Health-Related Quality of Life in Korean Patients with Ankylosing Spondylitis.
- Author:
Tae Jong KIM
1
;
Kwang Taek OH
;
Eun Kyung JU
;
Hye Soon LEE
;
Tae Hwan KIM
;
Jae Bum JUN
;
Sungsoo JUNG
;
Dae Hyun YOO
;
Sang Cheol BAE
Author Information
1. The Hospital for Rheumatic Diseases, Hanyang University Medical Center, Seoul, Korea.

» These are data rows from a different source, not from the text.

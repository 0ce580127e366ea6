-- ===== src/Optimizer/Flatten.antt =====
-- `flatten_trivial_operations` and `inline_suboperations` of libursa/QueryOptimizer.cpp keep the
-- meaning of a query.
use ursadb.Prelude.{
  ◌+◌, ◌*◌, ◌≤◌, ◌<◌, ◌≡◌, refl, Bool, true, false, ◌&&◌, ◌||◌, arith, some, Option-cases, inl, inr,
}
use mathlib.Core.Path.{ap, subst}
use ursadb.Query.Syntax.{
  PrimitiveQuery, Query, Queries, QueryType, and_type, or_type, append, literal, ngram, and_of,
  or_of, min_of, nil, cons,
}
use ursadb.Query.Meaning.{holds, all_hold, any_holds, CountsFit, AllFit}
use ursadb.Optimizer.Passes.{flatten_trivial_operations, of_type, inline_all, inline_suboperations}
use ursadb.Optimizer.Optimize.{size, sizes, measure}
use ursadb.Optimizer.Step.{Keeps, Keeps-refl}

pub size-pos : (q : Query) → 0 < size q
unfolding size
size-pos (literal v) = omega arith
size-pos (ngram g) = omega arith
size-pos (and_of qs) = omega arith
size-pos (or_of qs) = omega arith
size-pos (min_of n qs) = omega arith

-- The measure is that of the size, with one more for MIN_OF.
pub measure_bounds : (q : Query) → (2 * size q ≤ measure q) × (measure q ≤ 1 + 2 * size q)
unfolding measure
measure_bounds (literal v) = omega arith
measure_bounds (ngram g) = omega arith
measure_bounds (and_of qs) = omega arith
measure_bounds (or_of qs) = omega arith
measure_bounds (min_of n qs) = omega arith

-- Splicing a list of conjuncts, or of disjuncts, into another.
module _ (has : PrimitiveQuery → Bool) where
  all_hold-append :
      (qs rs : Queries) → all_hold has (append qs rs) ≡ (all_hold has qs && all_hold has rs)
  unfolding all_hold
  all_hold-append nil rs = refl
  all_hold-append (cons q qs) rs = ground (arith, all_hold-append qs rs)

  any_holds-append :
      (qs rs : Queries) → any_holds has (append qs rs) ≡ (any_holds has qs || any_holds has rs)
  unfolding any_holds
  any_holds-append nil rs = refl
  any_holds-append (cons q qs) rs = ground (arith, any_holds-append qs rs)

  inline_all-and :
      (qs : Queries) (changed : Bool)
      → all_hold has (inline_all and_type qs changed).0 ≡ all_hold has qs
  unfolding inline_all of_type all_hold
  inline_all-and nil changed = refl
  inline_all-and (cons (and_of rs) qs) changed =
      ground (arith, all_hold-append rs (inline_all and_type qs true).0, inline_all-and qs true)
  inline_all-and (cons q qs) changed = ground (arith, inline_all-and qs changed)

  inline_all-or :
      (qs : Queries) (changed : Bool)
      → any_holds has (inline_all or_type qs changed).0 ≡ any_holds has qs
  unfolding inline_all of_type any_holds
  inline_all-or nil changed = refl
  inline_all-or (cons (or_of rs) qs) changed =
      ground (arith, any_holds-append rs (inline_all or_type qs true).0, inline_all-or qs true)
  inline_all-or (cons q qs) changed = ground (arith, inline_all-or qs changed)

sizes-append : (qs rs : Queries) → sizes (append qs rs) ≡ sizes qs + sizes rs
unfolding sizes
sizes-append nil rs = omega arith
sizes-append (cons q qs) rs = omega (arith, sizes-append qs rs)

module _ (A : PrimitiveQuery → Type 0) where
  pub flatten-Keeps :
      (q : Query) (changed : Bool) → Keeps A q changed (flatten_trivial_operations q changed)
  unfolding flatten_trivial_operations holds CountsFit measure
  flatten-Keeps (and_of (cons q nil)) changed = record {
    meaning = λ h has. ground arith;
    counts = λ h. h.0;
    shrinks = omega (arith, measure_bounds q);
    progress = λ e f. omega (arith, measure_bounds q);
  }
  flatten-Keeps (or_of (cons q nil)) changed = record {
    meaning = λ h has. ground arith;
    counts = λ h. h.0;
    shrinks = omega (arith, measure_bounds q);
    progress = λ e f. omega (arith, measure_bounds q);
  }
  flatten-Keeps q changed = Keeps-refl A q changed

  AllFit-append : (qs rs : Queries) → AllFit A qs → AllFit A rs → AllFit A (append qs rs)
  unfolding AllFit
  AllFit-append nil rs h k = k
  AllFit-append (cons q qs) rs h k = (h.0, AllFit-append qs rs h.1 k)

  -- What is spliced in is smaller by a node.
  of_type-some :
      (type : QueryType) (q : Query) (rs : Queries)
      → of_type type q ≡ some rs
      → (size q ≡ 1 + sizes rs) × (CountsFit A q → AllFit A rs)
  unfolding of_type size CountsFit
  of_type-some and_type (and_of qs) rs h =
      let e : qs ≡ rs = cc in (ap (λ t. 1 + sizes t) e, λ f. subst (AllFit A) e f)
  of_type-some or_type (or_of qs) rs h =
      let e : qs ≡ rs = cc in (ap (λ t. 1 + sizes t) e, λ f. subst (AllFit A) e f)
  of_type-some _ _ rs h = cc

  -- The size and the counts of what `inline_all` gives.
  record Inlined (qs : Queries) (changed : Bool) (p : Queries × Bool) : Type 0 where
    fits : AllFit A qs → AllFit A p.0
    shrinks : sizes p.0 ≤ sizes qs
    progress : p.1 ≡ true → changed ≡ false → sizes p.0 < sizes qs

  inline_all-Inlined :
      (type : QueryType) (qs : Queries) (changed : Bool)
      → Inlined qs changed (inline_all type qs changed)
  unfolding inline_all sizes AllFit
  inline_all-Inlined type nil changed = record {
    fits = λ h. h;
    shrinks = omega arith;
    progress = λ e f. cc;
  }
  inline_all-Inlined type (cons q qs) changed = elim (Option-cases (of_type type q)) [
    | inl other ↦
        let rest = inline_all-Inlined type qs changed in
        rw (other, inline_all)
          (record {
            fits = λ h. (h.0, rest.fits h.1);
            shrinks = omega (arith, rest.shrinks);
            progress = λ e f. omega (arith, rest.progress e f);
          })
    | inr (rs, same) ↦
        let rest = inline_all-Inlined type qs true in
        let (node, fit) = of_type-some type q rs same in
        let spliced = sizes-append rs (inline_all type qs true).0 in
        rw (same, inline_all)
          (record {
            fits = λ h. AllFit-append rs _ (fit h.0) (rest.fits h.1);
            shrinks = omega (arith, rest.shrinks, node, spliced);
            progress = λ e f. omega (arith, rest.shrinks, node, spliced);
          })
  ]

  pub inline-Keeps :
      (q : Query) (changed : Bool) → Keeps A q changed (inline_suboperations q changed)
  unfolding inline_suboperations holds CountsFit measure
  inline-Keeps (and_of qs) changed =
      let inlined = inline_all-Inlined and_type qs changed in
      record {
        meaning = λ h has. inline_all-and has qs changed;
        counts = inlined.fits;
        shrinks = omega (arith, inlined.shrinks);
        progress = λ e f. omega (arith, inlined.progress e f);
      }
  inline-Keeps (or_of qs) changed =
      let inlined = inline_all-Inlined or_type qs changed in
      record {
        meaning = λ h has. inline_all-or has qs changed;
        counts = inlined.fits;
        shrinks = omega (arith, inlined.shrinks);
        progress = λ e f. omega (arith, inlined.progress e f);
      }
  inline-Keeps q changed = Keeps-refl A q changed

- Publication Type:Original Article
- Keywords:
Health-related quality of life;
Ankylosing spondylitis;
Short form-36 (SF-36);
Euroqol-5 dimensions (EQ-5D);
Bath ankylosing spondylitis functional index (BASFI)
- MeSH:
Baths;
Humans;
Male;
Quality of Life*;
Spondylitis, Ankylosing*;
Visual Analog Scale
- From:The Journal of the Korean Rheumatism Association
2002;9(Suppl):S106-S116
- CountryRepublic of Korea
- Language:Korean
-
Abstract:
OBJECTIVE: To assess the health-related quality of life (HRQOL), the correlation among each measurement, and to identify the predictors for HRQOL in Korean patients with ankylosing spondylitis (AS). METHODS: The HRQOL and clinical and laboratory parameters were assessed by Short Form Health Survey-36 (SF-36), EuroQol5 Dimensions (EQ-5D), time trade off (TTO), standard gamble (SG), Centers for Epidemiologic StudiesDepression (CES-D), social support, self-efficacy scale, Bath Ankylosing Spondylitis Functional Index (BASFI), Schober test, occiput to wall test, ESR, and CRP from 90 patients with AS. RESULTS: 78 patients (86.7%) were men with a mean (+/-SD) age of 28.4 (+/-7.9) years. The mean years of disease onset was 10.44 (+/-6.95). The mean scores of SF-36 global, mental component summary (MCS) and physical component summary (PCS) were 53.4 (+/-21.2), 61.8 (+/-26.3), and 51.7 (+/-24.4), respectively. The mean EQ-5D utility and visual analog scale (VAS) score were 0.63 (+/-0.2) and 57.1 (+/-18.6). The mean scores of the TTO and SG were 0.46 (+/-0.6) and 0.46 (+/-0.6). The scores of the SF-36 and EQ-5D in AS patients were lower than those in healthy control. The mean scores of CES-D, self-efficacy scale, social support and social network were 10.5 (+/-6.8), 65.3 (+/-14.6), 2.46 (+/-0.22), and 2.33 (+/-0.47), respectively. The mean score of BASFI was 2.48 (+/-2.13). The BASFI total score was negatively correlated with the scores of SF-36, MCS, PCS, EQ-5D utility and VAS score, social network, and self-efficacy scale, and positively correlated with CES-D. In multivariate models, the predicting variables of SF-36 global and PCS were BASFI and self-efficacy scale and the predicting variables of SF-36 MCS were BASFI, social support, and self-efficacy scale. CONCLUSION: In this study, we observed that HRQOL in Korean patients with ankylosing spondylitis is decreased compare to healthy control. And the efforts to improve HRQOL should be designed to improve the self-efficacy and social support in addition to active treatment to prevent functional disability.